One year after the first COVID-19 lockdown in many parts of the UNECE region, scientists and experts are studying the effects of lockdown measures on air quality. A study from Germany showed that while levels of nitrogen oxides (NO2) measured at urban stations decreased during the lockdown in spring 2020 as a result of a significant decline in road traffic, these effects seem to be rather short-term and affect the annual mean NO2 values very little. The short-term effects of the lockdown on NO2 concentrations vary greatly between different countries, cities and measurement stations, according to another study, with the largest NO2 reductions in Spain, France, Italy, Great Britain and Portugal and the smallest in eastern countries (Poland and Hungary).
While less NO2 in the air we breathe reduces risks to our health, concentrations of particulate matter (PM2.5, PM10), another pollutant that can cause severe health impacts, did not decrease in a similar way. In fact, the German study shows that the lockdown in spring 2020 had hardly any effect on concentrations of particulate matter. The reason is that concentrations of particle pollution undergo even more complex chemical transformations in the atmosphere than other pollutants and the sources are much more varied.
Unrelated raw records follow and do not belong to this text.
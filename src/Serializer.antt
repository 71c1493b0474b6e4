-- ===== src/Serializer.antt =====
-- xelis_common/src/serializer: the reader and the writer of bytes, the trait, and its instances.
pub mod Bytes
pub mod Writer
pub mod Reader
pub mod Trait
pub mod Collections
Heating of residential and other buildings and the application of fertilizers in agriculture are the main sources of particle pollution – sources that have not been affected as much by the lockdown. The picture looks quite different for the second lockdown in Germany on New Year’s Eve and New Year’s Day. Data shows that concentrations of particles in the air were much lower than in previous years as private fireworks, which normally cause a peak in particulate pollution at the turn of the year, were prohibited.
Scientists and other air pollution experts discussed these short-term effects of the COVID-19 lockdowns on air quality at the 50th meeting of the Task Force on Integrated Assessment Modelling under the UNECE Convention on Long-range Transboundary Air Pollutants (Air Convention) (21-23 April 2021). Experts concluded that further studies need to be carried out to complement the results so far, specifically as regards the long-term effects of the lockdowns on air quality in the UNECE region.